**Task objective:** Scan the listing below. Copy each line that contains "else".

**Task material:**
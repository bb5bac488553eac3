-- ===== src/Condition/Print.antt =====
-- impl/lnpl/condition.py: `value_to_string` and `condition_to_string`.
use linkly.Base.{ℕ, ◌/◌, ◌%◌, true, false, ◌&&◌, not, List, [], ◌∷◌, ◌++◌, ◌==◌, if◌then◌else◌, map}
use linkly.Base.Text.{Text, codes}
use linkly.Base.Decimal.{decimal}
use linkly.Lexer.Words.{comparator_text, arith_text, presence_text, numeric_text, agg_text}
use linkly.Lexer.Duration.{DurationUnit, millis, secs, mins, hours, days, unit_text, unit_ms}
use linkly.Condition.Syntax.{
  Operand, ref, lit, Value, operand, arith_of, Term, presence, numeric, comparison, Condition,
  single, and_of, AssignRhs, value, aggregate, format_call,
}

-- _DURATION_RENDER: the largest unit first.
abbrev pub duration_render : List DurationUnit
duration_render = days ∷ hours ∷ mins ∷ secs ∷ millis ∷ []

-- The unit of the loop in `value_to_string`: the first one that divides the value, or `ms`.
unfoldable pub render_unit : List DurationUnit → ℕ → DurationUnit
render_unit [] n = millis
render_unit (u ∷ us) n =
    let rest = render_unit us n in if not (n == 0) && n % unit_ms u == 0 then u else rest

unfoldable pub duration_text : ℕ → Text
duration_text n = let u = render_unit duration_render n in decimal (n / unit_ms u) ++ unit_text u

-- `value_to_string` of a `Ref` or a `Lit`
unfoldable pub operand_text : Operand → Text
operand_text (ref name) = name
operand_text (lit n false) = decimal n
operand_text (lit n true) = duration_text n

-- `value_to_string` of a `Value`
unfoldable pub value_text : Value → Text
value_text (operand o) = operand_text o
value_text (arith_of l op r) =
    operand_text l ++ codes " " ++ (arith_text op ++ codes " " ++ operand_text r)

-- `" ".join(a.name for a in value.args)`
unfoldable pub join_with : Text → List Text → Text
join_with sep [] = []
join_with sep (w ∷ []) = w
join_with sep (w ∷ v ∷ ws) = w ++ sep ++ join_with sep (v ∷ ws)

-- `value_to_string`
unfoldable pub value_to_string : AssignRhs → Text
value_to_string (value v) = value_text v
value_to_string (aggregate func name) = agg_text func ++ codes " " ++ name
value_to_string (format_call template []) = codes "format \"" ++ template ++ codes "\""
value_to_string (format_call template (a ∷ args)) =
    codes "format \""
    ++ template
    ++ codes "\""
    ++ (codes " with " ++ join_with (codes " ") (a ∷ args))

-- `condition_to_string` of one term
unfoldable pub term_text : Term → Text
term_text (presence field kind) = field ++ codes " " ++ presence_text kind
term_text (numeric field kind) = field ++ codes " " ++ numeric_text kind
term_text (comparison l op r) =
    value_text l ++ codes " " ++ (comparator_text op ++ codes " " ++ value_text r)

-- `condition_to_string`
unfoldable pub condition_to_string : Condition → Text
condition_to_string (single term) = term_text term
condition_to_string (and_of terms) = join_with (codes " and ") (map term_text terms)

**Exercise response:**
use linkly.Base.{ℕ, ◌/◌, ◌%◌, true, false, ◌&&◌, not, List, [], ◌∷◌, ◌++◌, ◌==◌, if◌then◌else◌, map}
    let rest = render_unit us n in if not (n == 0) && n % unit_ms u == 0 then u else rest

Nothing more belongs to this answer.